Segment Open

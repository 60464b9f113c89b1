-- ===== src/Store/Sos/Extending.antt =====
-- store/sos.py: the version chains after a write of a new content to a flat path.
use data_py_os.Base.{
  ℕ, suc, ◌≡◌, ◌≢◌, refl, sym, ap, ◌∙◌, inl, inr, false, Option, none, some, List, arith,
  Bool-cases,
}
use data_py_os.Base.Eq.{◌==◌, text_eq, text_beq_iff, Text, chars}
use data_py_os.Base.Dict.{Dict, lookup, lookup-insert_self}
use data_py_os.Store.Paths.{parent_of}
use data_py_os.Store.Lru.Laws.{entry-set, empty-IsValid}
use data_py_os.Store.Sos.Types.{Host, Content, SObject, Sos, init, to_bytes, oid_of}
use data_py_os.Store.Sos.Objects.{get_parent, next_version, build, put_object, store}
use data_py_os.Store.Sos.Aliases.{resolve, alias}
use data_py_os.Store.Sos.Files.{write, file_draft}
use data_py_os.Store.Sos.History.{history}
use data_py_os.Store.Sos.Coherent.{SameTables, Fits, target, oid_in, resolve-Reads, get-Reads}
use data_py_os.Store.Sos.Storing.{add_row_keeps, add_row_back, put_object-Coherent, alias-Coherent}
use data_py_os.Store.Sos.Writing.{target-alias_self, target-alias_ne}
use data_py_os.Store.Sos.Versions.{write_flat}
use data_py_os.Store.Sos.Chain.{Sound, Follows, Counts, get-Sound, resolve-Sound, history-Counts}

-- A row still follows when rows are added.
Follows-mono :
    (row : SObject) (a b : Dict Text SObject)
    → ((i : Text) (r : SObject) → lookup i a ≡ some r → lookup i b ≡ some r)
    → Follows row a
    → Follows row b
Follows-mono row a b keeps (inl first) = inl first
Follows-mono row a b keeps (inr (q, prev, named, found, next)) =
    inr (q, prev, named, keeps q prev found, next)

-- the version of a stored object, 0 if there is none
abbrev pub version_in : Option SObject → ℕ
version_in none = 0
version_in (some row) = row.version

-- The version of the object that an alias names, 0 for no alias.
abbrev pub version_of : Option Text → Sos → ℕ
version_of none s = 0
version_of (some oid) s = version_in (lookup oid s.objects)

version_of-same :
    (p : Option Text) (s t : Sos) → t.objects ≡ s.objects → version_of p t ≡ version_of p s
version_of-same none s t e = refl
version_of-same (some oid) s t e = ap (λ d. version_in (lookup oid d)) e

module _ ⦃h : Host⦄ where
  -- the parent of a draft whose parent is a stored object, or none
  get_parent-Sound :
      (p : Option Text) (s : Sos)
      → Sound s
      → ((q : Text) → p ≡ some q → (row : SObject) × (lookup q s.objects ≡ some row))
      → Sound (get_parent p s).1
        × SameTables s (get_parent p s).1
        × (next_version (get_parent p s).0 ≡ suc (version_of p s))
        × ((obj : SObject)
            → obj.parent_oid ≡ p
            → obj.version ≡ suc (version_of p s)
            → Follows obj s.objects)
  unfolding get_parent
  get_parent-Sound none s k there = (
    k,
    record { objects = refl; aliases = refl; links = refl; tag_index = refl },
    refl,
    λ obj par ver. inl (par, ver),
  )
  get_parent-Sound (some q) s k there =
      let (row, found) = there q refl in
      let ((o, is, par, ver), k') = get-Sound q row s k found in
      let old = ap version_in found in
      (
        k',
        (get-Reads q s k.coherent).1.tables,
        ap next_version is ∙ omega (arith, ver, old),
        λ obj named version. inr (q, row, named, found, version ∙ ap suc old),
      )

  -- an object with a new OID that follows what is there
  put_object-Sound :
      (obj : SObject) (s : Sos)
      → Sound s
      → Fits obj.oid obj
      → lookup obj.oid s.objects ≡ none
      → Follows obj s.objects
      → Sound (put_object obj s)
  put_object-Sound obj s k fits new follows = record {
    coherent = put_object-Coherent obj s k.coherent fits (λ r e. absurd (cc (new, e)));
    aligned =
        unfold put_object in
        λ i o row e q. elim (entry-set i obj.oid obj s.obj_cache k.coherent.obj_cache e) [
          | inl (at, is) ↦ elim (add_row_back obj.oid obj s.objects i row q) [
            | inl old ↦ absurd (cc (ap (λ z. lookup z s.objects) at, old, new))
            | inr (_, is') ↦
                let one : o ≡ row = cc (is, is') in
                (ap (λ (z : SObject). z.parent_oid) one, ap (λ (z : SObject). z.version) one)
          ]
          | inr (ne, there) ↦ elim (add_row_back obj.oid obj s.objects i row q) [
            | inl old ↦ k.aligned i o row there old
            | inr (at, _) ↦ absurd (ne at)
          ]
        ];
    versioned =
        unfold put_object in
        λ i row q. elim (add_row_back obj.oid obj s.objects i row q) [
          | inl old ↦
              Follows-mono row s.objects _ (λ j r. add_row_keeps obj.oid obj s.objects j)
                (k.versioned i row old)
          | inr (_, is) ↦
              rw (← is) (
                Follows-mono obj s.objects _ (λ j r. add_row_keeps obj.oid obj s.objects j) follows)
        ];
    pointed =
        unfold put_object in
        λ path oid q.
          let (row, e) = k.pointed path oid q in (row, add_row_keeps obj.oid obj s.objects oid e);
  }

  alias-Sound :
      (path oid : Text) (row : SObject) (s : Sos)
      → Sound s
      → lookup oid s.objects ≡ some row
      → Sound (alias path oid false s)
  alias-Sound path oid row s k found = record {
    coherent = alias-Coherent path oid false s k.coherent;
    aligned = unfold alias in k.aligned;
    versioned = unfold alias in k.versioned;
    pointed = λ p o q. elim (Bool-cases (p == path)) [
      | inl same ↦
          let at = (text_beq_iff p path).0 same in
          let is : oid ≡ o = cc (
            ap (λ z. target z (alias path oid false s)) at,
            q,
            target-alias_self path oid false s,
          ) in
          (row, unfold alias in ap (λ z. lookup z s.objects) (sym is) ∙ found)
      | inr other ↦
          let ne : p ≢ path = λ e. cc ((text_beq_iff p path).1 e, other) in
          unfold alias in k.pointed p o (sym (target-alias_ne p path oid false s ne) ∙ q)
    ];
  }

  lookup-put_object_new :
      (obj : SObject) (s : Sos)
      → lookup obj.oid s.objects ≡ none
      → lookup obj.oid (put_object obj s).objects ≡ some obj
  unfolding put_object
  lookup-put_object_new obj s new = rw new (lookup-insert_self obj.oid obj s.objects)

  -- the state after a write to a flat path
  write_steps :
      (now : ℕ) (path : Text) (c : Content) (kind : Text) (meta : Dict Text Text) (tags : List Text)
      (s : Sos)
      → Sound s
      → parent_of path ≡ path
      → lookup (oid_of (to_bytes c)) s.objects ≡ none
      → (kind == chars "dir") ≡ false
      → (row : SObject) × Sound (write now path c kind meta tags s).1
        × (target path (write now path c kind meta tags s).1 ≡ some (oid_of (to_bytes c)))
        × (lookup (oid_of (to_bytes c)) (write now path c kind meta tags s).1.objects ≡ some row)
        × (row.version ≡ suc (version_of (target path s) s))
  write_steps now path c kind meta tags s k flat new file =
      let oid = oid_of (to_bytes c) in
      let s1 = (resolve path s).1 in
      let (answer, r) = resolve-Reads path s k.coherent in
      let k1 = resolve-Sound path s k in
      let d = file_draft now path c kind meta tags (resolve path s).0 in
      let there : (q : Text)
          → (resolve path s).0 ≡ some q
          → (row : SObject) × (lookup q s1.objects ≡ some row) =
        λ q e.
          k1.pointed path q (ap (λ z. oid_in (lookup path z)) r.tables.aliases ∙ sym answer ∙ e) in
      let (k2, same, next, follow) = get_parent-Sound (resolve path s).0 s1 k1 there in
      let s2 = (get_parent (resolve path s).0 s1).1 in
      let obj = build oid d (next_version (get_parent (resolve path s).0 s1).0) in
      let before : version_of (resolve path s).0 s1 ≡ version_of (target path s) s =
        version_of-same (resolve path s).0 s s1 r.tables.objects
        ∙ ap (λ z. version_of z s) answer in
      let new2 : lookup oid s2.objects ≡ none =
        ap (lookup oid) (same.objects ∙ r.tables.objects) ∙ new in
      let follows : Follows obj s2.objects = rw same.objects (follow obj refl next) in
      let k3 =
        put_object-Sound obj s2 k2 (record { own = refl; hashed = refl; file = λ ne. file }) new2
          follows in
      let s3 = put_object obj s2 in
      let found = lookup-put_object_new obj s2 new2 in
      rw (write_flat now path c kind meta tags s flat) (
        obj,
        unfold store in alias-Sound path oid obj s3 k3 found,
        unfold store in target-alias_self path oid false s3,
        unfold store alias in found,
        next ∙ ap suc before,
      )

  -- In a sound store, a write of a new content to a flat path, of a kind that is not a directory,
  -- leaves a sound store in which the path has one version more, and from then on its history ends
  -- and counts down from that version.
  pub write_new :
      (now : ℕ) (path : Text) (c : Content) (kind : Text) (meta : Dict Text Text) (tags : List Text)
      (s : Sos)
      → Sound s
      → parent_of path ≡ path
      → lookup (oid_of (to_bytes c)) s.objects ≡ none
      → (kind == chars "dir") ≡ false
      → let s' = (write now path c kind meta tags s).1 in
        let version = suc (version_of (target path s) s) in
        Sound s'
        × (version_of (target path s') s' ≡ version)
        × ((chain : List SObject) × ((history version path s').0 ≡ some chain)
            × Counts version chain)
  write_new now path c kind meta tags s k flat new file =
      let s' = (write now path c kind meta tags s).1 in
      let oid = oid_of (to_bytes c) in
      let (row, k', at, found, version) = write_steps now path c kind meta tags s k flat new file in
      let n = suc (version_of (target path s) s) in
      let (chain, ends, counts) =
        history-Counts n path oid row s' k' at found (omega (arith, version)) in
      (
        k',
        ap (λ z. version_of z s') at ∙ ap version_in found ∙ version,
        (chain, ends, rw version at counts),
      )

  -- A new store, before it is seeded, is sound.
  pub init-Sound : Sound init
  init-Sound = record {
    coherent = record {
      obj_cache = empty-IsValid 2048 (omega arith);
      path_cache = empty-IsValid 4096 (omega arith);
      rows = tt;
      names = tt;
      stored = λ oid o e. cc;
      backed = λ oid o e. cc;
      cached = λ p o e. cc;
    };
    aligned = λ oid o row e q. cc;
    versioned = λ oid row e. cc;
    pointed = λ p o e. cc;
  }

Segment Closed

• **What you will do**
Return only the stretch of the material above from the line holding "Fits obj.oid obj" through the line holding "inr other ↦", copied exactly.

• **Response to this exercise**
      → Fits obj.oid obj
      → lookup obj.oid s.objects ≡ none
      → Follows obj s.objects
      → Sound (put_object obj s)
  put_object-Sound obj s k fits new follows = record {
    coherent = put_object-Coherent obj s k.coherent fits (λ r e. absurd (cc (new, e)));
    aligned =
        unfold put_object in
        λ i o row e q. elim (entry-set i obj.oid obj s.obj_cache k.coherent.obj_cache e) [
          | inl (at, is) ↦ elim (add_row_back obj.oid obj s.objects i row q) [
            | inl old ↦ absurd (cc (ap (λ z. lookup z s.objects) at, old, new))
            | inr (_, is') ↦
                let one : o ≡ row = cc (is, is') in
                (ap (λ (z : SObject). z.parent_oid) one, ap (λ (z : SObject). z.version) one)
          ]
          | inr (ne, there) ↦ elim (add_row_back obj.oid obj s.objects i row q) [
            | inl old ↦ k.aligned i o row there old
            | inr (at, _) ↦ absurd (ne at)
          ]
        ];
    versioned =
        unfold put_object in
        λ i row q. elim (add_row_back obj.oid obj s.objects i row q) [
          | inl old ↦
              Follows-mono row s.objects _ (λ j r. add_row_keeps obj.oid obj s.objects j)
                (k.versioned i row old)
          | inr (_, is) ↦
              rw (← is) (
                Follows-mono obj s.objects _ (λ j r. add_row_keeps obj.oid obj s.objects j) follows)
        ];
    pointed =
        unfold put_object in
        λ path oid q.
          let (row, e) = k.pointed path oid q in (row, add_row_keeps obj.oid obj s.objects oid e);
  }

  alias-Sound :
      (path oid : Text) (row : SObject) (s : Sos)
      → Sound s
      → lookup oid s.objects ≡ some row
      → Sound (alias path oid false s)
  alias-Sound path oid row s k found = record {
    coherent = alias-Coherent path oid false s k.coherent;
    aligned = unfold alias in k.aligned;
    versioned = unfold alias in k.versioned;
    pointed = λ p o q. elim (Bool-cases (p == path)) [
      | inl same ↦
          let at = (text_beq_iff p path).0 same in
          let is : oid ≡ o = cc (
            ap (λ z. target z (alias path oid false s)) at,
            q,
            target-alias_self path oid false s,
          ) in
          (row, unfold alias in ap (λ z. lookup z s.objects) (sym is) ∙ found)
      | inr other ↦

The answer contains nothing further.